Yeah that's a little too rich for my blood, how much of Eheim Ehfimech are you planning on putting in, I actually may have some old similar looking Eheim macaronis from a 10 year old 2217 Eheim I'm not using.

I wasn't really considering hooking it up because I thought perhaps it would be overkill plus I'm not sure how easy it is to attach an Eheim canister filer to the BioCube, but pehaps I'll toss the ceramic macaronis from the filter in there. 

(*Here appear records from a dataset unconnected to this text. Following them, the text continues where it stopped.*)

-- ===== src/RpcClusterChannel/Spending.antt =====
-- src/RpcClusterChannel.cpp: what an attempt, an answer and a hedge timer use of the account.
use my_rpc_project.Base.{
  ℕ, suc, ◌+◌, ◌-◌, ◌≤◌, refl, Bool, true, false, [], ◌∷◌, ◌++◌, Option, none, some, length,
  get_elem?, sum_of-snoc, if◌then◌else◌, if_elim, inl, inr, Option-cases, arith,
}
use my_rpc_project.Base.Maps.{find}
use my_rpc_project.Protocol.{Status}
use my_rpc_project.CircuitBreaker.{allow_request}
use my_rpc_project.RpcClusterChannel.{Instance}
use my_rpc_project.RpcClusterChannel.Attempts.{
  Call, Attempt, Hedge, Client, Round, breaker_of, modify_call, with_status, set_breaker,
  set_status, succeed, fail_call, states_from, choose_index, target, send_to, dispatch, arm_hedge,
  attempt_once, on_answer, on_hedge,
}
use my_rpc_project.RpcClusterChannel.Credit.{
  All-snoc, of_attempt, of_hedge, is_request, held, IsNumbered, Spares, SameBooks, SameBooks-Spares,
  modify_call-SameBooks, Spares-less, finish-Spares, fail-Spares,
}

-- `m`: the largest number of attempts.
module _ (m next : ℕ) where
  fail_call-Spares :
      (bound : ℕ → ℕ) (s : Client) (c : ℕ) (status : Status) (n rand : ℕ)
      → Spares m next bound c (m - n) s
      → Spares m next bound c 0 (fail_call s c status n rand)
  unfolding fail_call set_status
  fail_call-Spares bound s c status n rand h =
      fail-Spares m next bound (set_status s c status) c n s.cluster.retry_options rand h.limited (
        SameBooks-Spares m next bound c (m - n) s (set_status s c status)
          (modify_call-SameBooks (with_status status) s c) h)

  -- A request uses one up.
  send-Spares :
      (bound : ℕ → ℕ) (s t : Client) (a : Attempt)
      → IsNumbered m a
      → SameBooks s t
      → Spares m next bound a.call (suc m - a.number) s
      → Spares m next bound a.call 0
          (record t { sent = t.sent ++ (a ∷ []); requests = t.requests ++ (a ∷ []) })
  unfolding held
  send-Spares bound s t a small e h =
      let g = SameBooks-Spares m next bound a.call (suc m - a.number) s t e h in
      record {
        numbered = All-snoc (IsNumbered m) t.sent a g.numbered small;
        due = g.due;
        next_call = g.next_call;
        limited = g.limited;
        below = λ d. ground (
          arith,
          g.below d,
          sum_of-snoc (of_attempt m d) t.sent a,
          sum_of-snoc (is_request m d) t.requests a,
        );
      }

  module _ {D : Type 0} (r : Round D) where
    send_to-Spares :
        (bound : ℕ → ℕ) (s : Client) (c n : ℕ) (i : Instance)
        → n ≤ m
        → Spares m next bound c (suc m - n) s
        → Spares m next bound c 0 (send_to r s c n i)
    unfolding send_to
    send_to-Spares bound s c n i small h =
        let (allowed, b) = allow_request r.over_threshold (breaker_of s.cluster i) r.now in
        let t = set_breaker s i.channel b in
        let same : SameBooks s t = record {
          sent = refl;
          sleeping = refl;
          hedges = refl;
          requests = refl;
          options = refl;
          next_call = refl;
        } in
        let a : Attempt = record {
          call = c;
          number = n;
          channel = i.channel;
          options = s.cluster.retry_options;
        } in
        if_elim (Spares m next bound c 0) allowed
          (send-Spares bound s t a (small, h.limited) same h)
          (fail_call-Spares bound t c Status.concurrency_limited n r.backoff_rand (
            SameBooks-Spares m next bound c (m - n) s t same
              (Spares-less m next bound c c (suc m - n) (m - n) s h (inr (omega arith, refl)))))

    dispatch-Spares :
        (bound : ℕ → ℕ) (s : Client) (c n : ℕ) (idx : Option ℕ)
        → n ≤ m
        → Spares m next bound c (suc m - n) s
        → Spares m next bound c 0 (dispatch r s c n idx)
    unfolding dispatch
    dispatch-Spares bound s c n idx small h =
        let lost =
          fail_call-Spares bound s c Status.unknown n r.backoff_rand
            (Spares-less m next bound c c (suc m - n) (m - n) s h (inr (omega arith, refl))) in
        go idx lost
      where
        go :
            (o : Option ℕ)
            → Spares m next bound c 0 (fail_call s c Status.unknown n r.backoff_rand)
            → Spares m next bound c 0 (dispatch r s c n o)
        go none lost = lost
        go (some idx) lost = elim (Option-cases (get_elem? s.cluster.instances idx)) [
          | inl out ↦ rw (out, dispatch) lost
          | inr (i, there) ↦ rw (there, dispatch) (send_to-Spares bound s c n i small h)
        ]

    hedged-Spares :
        (bound : ℕ → ℕ) (s : Client) (c i k : ℕ)
        → Spares m next bound c (m + k) s
        → Spares m next bound c k
            (record s { hedges = s.hedges ++ (record { call = c; first_index = i } ∷ []) })
    unfolding held
    hedged-Spares bound s c i k h = record {
      numbered = h.numbered;
      due = h.due;
      next_call = h.next_call;
      limited = h.limited;
      below = λ d. ground (
        arith,
        h.below d,
        sum_of-snoc (of_hedge m d) s.hedges (record { call = c; first_index = i }),
      );
    }

    -- What an attempt may use: the requests of its own number on, and those of its hedge timer.
    abbrev pub allowance : ℕ → Bool → ℕ
    allowance n hedge = (if hedge then m else 0) + (suc m - n)

    arm_hedge-Spares :
        (bound : ℕ → ℕ) (s : Client) (c : ℕ) (x : Call) (n idx total : ℕ) (hedge : Bool)
        → Spares m next bound c (allowance n hedge) s
        → Spares m next bound c (suc m - n) (arm_hedge r s c x n idx hedge total)
    unfolding arm_hedge
    arm_hedge-Spares bound s c x n idx total false h =
        Spares-less m next bound c c (allowance n false) (suc m - n) s h (inr (omega arith, refl))
    arm_hedge-Spares bound s c x n idx total true h =
        if_elim (Spares m next bound c (suc m - n)) _ (hedged-Spares bound s c idx (suc m - n) h) (
          Spares-less m next bound c c (allowance n true) (suc m - n) s h (inr (omega arith, refl)))

    pub attempt_once-Spares :
        (bound : ℕ → ℕ) (s : Client) (c n exclude : ℕ) (hedge : Bool)
        → n ≤ m
        → Spares m next bound c (allowance n hedge) s
        → Spares m next bound c 0 (attempt_once r s c n exclude hedge)
    unfolding attempt_once
    attempt_once-Spares bound s c n exclude hedge small h = elim (Option-cases (find c s.calls)) [
      | inl gone ↦
          rw (gone, attempt_once)
            (Spares-less m next bound c c (allowance n hedge) 0 s h (inl refl))
      | inr (x, there) ↦
          let states = states_from r s.cluster exclude 0 s.cluster.instances in
          let idx = choose_index r states x.request_key in
          rw (there, attempt_once)
            (dispatch-Spares bound (arm_hedge r s c x n idx hedge (length states)) c n
              (target r s.cluster states idx) small
              (arm_hedge-Spares bound s c x n idx (length states) hedge h))
    ]

    pub on_answer-Spares :
        (bound : ℕ → ℕ) (s : Client) (a : Attempt) (status : Status)
        → a.options.max_attempts ≤ m
        → Spares m next bound a.call (m - a.number) s
        → Spares m next bound a.call 0 (on_answer r s a status)
    unfolding on_answer succeed
    on_answer-Spares bound s a status small h = go status
      where
        left : Status → Client
        left st = set_status s a.call st

        after : (st : Status) → Spares m next bound a.call (m - a.number) (left st)
        after st =
            unfold set_status in
            SameBooks-Spares m next bound a.call (m - a.number) s
              (modify_call (with_status st) s a.call)
              (modify_call-SameBooks (with_status st) s a.call) h

        told :
            (st : Status) (t : Client)
            → SameBooks (left st) t
            → Spares m next bound a.call (m - a.number) t
        told st t e = SameBooks-Spares m next bound a.call (m - a.number) (left st) t e (after st)

        go : (st : Status) → Spares m next bound a.call 0 (on_answer r s a st)
        go Status.ok = finish-Spares m next bound a.call (m - a.number) _ (
            told Status.ok _ (record {
              sent = refl;
              sleeping = refl;
              hedges = refl;
              requests = refl;
              options = refl;
              next_call = refl;
            }))
        go Status.unknown =
            fail-Spares m next bound (left Status.unknown) a.call a.number a.options r.backoff_rand
              small (after Status.unknown)
        go st = fail-Spares m next bound _ a.call a.number a.options r.backoff_rand small (
            told st _ (record {
              sent = refl;
              sleeping = refl;
              hedges = refl;
              requests = refl;
              options = refl;
              next_call = refl;
            }))

    pub on_hedge-Spares :
        (bound : ℕ → ℕ) (s : Client) (h : Hedge)
        → 1 ≤ m
        → Spares m next bound h.call m s
        → Spares m next bound h.call 0 (on_hedge r s h)
    unfolding on_hedge
    on_hedge-Spares bound s h some_allowed g =
        let unused = Spares-less m next bound h.call h.call m 0 s g (inl refl) in
        elim (Option-cases (find h.call s.calls)) [
          | inl gone ↦ rw (gone, on_hedge) unused
          | inr (x, there) ↦
              rw (there, on_hedge)
                (if_elim (Spares m next bound h.call 0) x.completed unused (
                  attempt_once-Spares bound s h.call 1 h.first_index false some_allowed (
                    Spares-less m next bound h.call h.call m (allowance 1 false) s g
                      (inr (omega arith, refl)))))
        ]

Are you supposed to put them in the middle section of the BioCube? I wonder if its a problem using old filter media.


----------



## kcrossley (Feb 22, 2010)

I was told you are suppose to replace the bioballs in the middle with the Eheim stuff. I would think old filter media would be safe, but you may want to sterlize it with either vinegar or hydrogen peroxide first. http://www.angelfish.net/VBulletin/showthread.php?t=16419&highlight=h2o2

Perhaps some more experienced aquarist can chime in?


----------



## kcrossley (Feb 22, 2010)

Craigthor said:


> Actually Eheim SubStrat Pro is better tehn the Ehfi-Mech. I run the Pro in both of my canisters.
> 
> Craig


Hey Craig, how do you have your filter media layered?


----------